> _Your goal_
Write down exactly the lines of the records below, beginning with the first and ending with the line that includes "n a s early".

> _Exercise data_

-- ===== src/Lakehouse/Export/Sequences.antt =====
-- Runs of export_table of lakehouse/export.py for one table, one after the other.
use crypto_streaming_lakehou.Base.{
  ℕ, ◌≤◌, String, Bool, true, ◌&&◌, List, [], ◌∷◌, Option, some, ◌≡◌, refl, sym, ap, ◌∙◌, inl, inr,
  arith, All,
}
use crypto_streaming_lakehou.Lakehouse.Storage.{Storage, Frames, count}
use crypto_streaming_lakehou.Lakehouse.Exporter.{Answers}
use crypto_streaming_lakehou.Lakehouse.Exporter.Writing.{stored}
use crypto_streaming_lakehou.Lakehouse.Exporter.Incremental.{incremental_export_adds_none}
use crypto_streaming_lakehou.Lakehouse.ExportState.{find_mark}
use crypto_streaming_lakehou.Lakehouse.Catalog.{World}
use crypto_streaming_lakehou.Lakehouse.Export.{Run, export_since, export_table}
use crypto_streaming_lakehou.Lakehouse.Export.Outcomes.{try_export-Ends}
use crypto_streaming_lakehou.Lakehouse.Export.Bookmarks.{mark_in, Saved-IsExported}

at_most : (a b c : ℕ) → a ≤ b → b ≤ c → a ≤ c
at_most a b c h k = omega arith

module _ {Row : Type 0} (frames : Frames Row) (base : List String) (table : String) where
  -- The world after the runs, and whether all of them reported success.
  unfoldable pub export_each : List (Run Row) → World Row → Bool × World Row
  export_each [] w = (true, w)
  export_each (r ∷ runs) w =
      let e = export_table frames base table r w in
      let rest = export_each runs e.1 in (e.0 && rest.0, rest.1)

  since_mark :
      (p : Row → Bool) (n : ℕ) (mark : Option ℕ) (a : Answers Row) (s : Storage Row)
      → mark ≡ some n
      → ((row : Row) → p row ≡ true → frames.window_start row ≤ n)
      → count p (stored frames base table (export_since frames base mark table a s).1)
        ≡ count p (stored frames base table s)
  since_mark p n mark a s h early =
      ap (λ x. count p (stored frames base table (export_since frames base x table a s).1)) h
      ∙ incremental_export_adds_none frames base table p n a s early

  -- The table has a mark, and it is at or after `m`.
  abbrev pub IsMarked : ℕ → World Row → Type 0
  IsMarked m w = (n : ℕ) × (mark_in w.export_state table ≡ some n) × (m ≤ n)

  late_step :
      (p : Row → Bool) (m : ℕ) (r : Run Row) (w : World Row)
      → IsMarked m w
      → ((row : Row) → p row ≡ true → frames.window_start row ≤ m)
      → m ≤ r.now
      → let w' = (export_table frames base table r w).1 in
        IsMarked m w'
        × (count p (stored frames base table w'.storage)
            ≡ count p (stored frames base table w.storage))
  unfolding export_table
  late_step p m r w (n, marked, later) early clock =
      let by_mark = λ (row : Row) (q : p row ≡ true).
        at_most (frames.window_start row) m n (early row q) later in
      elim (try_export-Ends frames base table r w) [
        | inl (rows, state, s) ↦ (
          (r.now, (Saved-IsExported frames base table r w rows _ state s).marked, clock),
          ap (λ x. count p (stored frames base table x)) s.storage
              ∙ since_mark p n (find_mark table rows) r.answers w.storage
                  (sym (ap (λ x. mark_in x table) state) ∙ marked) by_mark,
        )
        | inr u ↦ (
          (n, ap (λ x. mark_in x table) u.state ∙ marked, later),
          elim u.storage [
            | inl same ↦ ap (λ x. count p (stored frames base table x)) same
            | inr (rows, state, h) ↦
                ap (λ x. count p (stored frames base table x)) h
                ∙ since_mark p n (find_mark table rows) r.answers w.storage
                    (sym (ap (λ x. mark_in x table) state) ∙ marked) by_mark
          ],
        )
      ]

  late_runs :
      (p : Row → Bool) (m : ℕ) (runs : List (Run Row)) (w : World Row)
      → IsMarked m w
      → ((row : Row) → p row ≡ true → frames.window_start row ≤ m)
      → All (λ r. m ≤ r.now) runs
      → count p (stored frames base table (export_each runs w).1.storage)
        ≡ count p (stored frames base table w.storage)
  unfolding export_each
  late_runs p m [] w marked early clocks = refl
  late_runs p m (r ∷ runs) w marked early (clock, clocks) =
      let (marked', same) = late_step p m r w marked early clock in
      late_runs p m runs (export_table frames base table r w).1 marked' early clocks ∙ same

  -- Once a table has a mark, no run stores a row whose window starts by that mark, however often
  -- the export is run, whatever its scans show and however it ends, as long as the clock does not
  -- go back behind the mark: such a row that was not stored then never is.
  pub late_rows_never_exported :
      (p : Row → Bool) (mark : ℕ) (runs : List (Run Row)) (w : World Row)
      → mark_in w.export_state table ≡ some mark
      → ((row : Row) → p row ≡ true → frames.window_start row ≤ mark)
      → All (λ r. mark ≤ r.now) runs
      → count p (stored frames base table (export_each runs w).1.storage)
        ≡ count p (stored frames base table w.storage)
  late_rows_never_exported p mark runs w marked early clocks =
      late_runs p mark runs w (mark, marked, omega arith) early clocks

> _Exercise response_
-- ===== src/Lakehouse/Export/Sequences.antt =====
-- Runs of export_table of lakehouse/export.py for one table, one after the other.
use crypto_streaming_lakehou.Base.{
  ℕ, ◌≤◌, String, Bool, true, ◌&&◌, List, [], ◌∷◌, Option, some, ◌≡◌, refl, sym, ap, ◌∙◌, inl, inr,
  arith, All,
}
use crypto_streaming_lakehou.Lakehouse.Storage.{Storage, Frames, count}
use crypto_streaming_lakehou.Lakehouse.Exporter.{Answers}
use crypto_streaming_lakehou.Lakehouse.Exporter.Writing.{stored}
use crypto_streaming_lakehou.Lakehouse.Exporter.Incremental.{incremental_export_adds_none}
use crypto_streaming_lakehou.Lakehouse.ExportState.{find_mark}
use crypto_streaming_lakehou.Lakehouse.Catalog.{World}
use crypto_streaming_lakehou.Lakehouse.Export.{Run, export_since, export_table}
use crypto_streaming_lakehou.Lakehouse.Export.Outcomes.{try_export-Ends}
use crypto_streaming_lakehou.Lakehouse.Export.Bookmarks.{mark_in, Saved-IsExported}

at_most : (a b c : ℕ) → a ≤ b → b ≤ c → a ≤ c
at_most a b c h k = omega arith

module _ {Row : Type 0} (frames : Frames Row) (base : List String) (table : String) where
  -- The world after the runs, and whether all of them reported success.
  unfoldable pub export_each : List (Run Row) → World Row → Bool × World Row
  export_each [] w = (true, w)
  export_each (r ∷ runs) w =
      let e = export_table frames base table r w in
      let rest = export_each runs e.1 in (e.0 && rest.0, rest.1)

  since_mark :
      (p : Row → Bool) (n : ℕ) (mark : Option ℕ) (a : Answers Row) (s : Storage Row)
      → mark ≡ some n
      → ((row : Row) → p row ≡ true → frames.window_start row ≤ n)
      → count p (stored frames base table (export_since frames base mark table a s).1)
        ≡ count p (stored frames base table s)
  since_mark p n mark a s h early =
      ap (λ x. count p (stored frames base table (export_since frames base x table a s).1)) h
      ∙ incremental_export_adds_none frames base table p n a s early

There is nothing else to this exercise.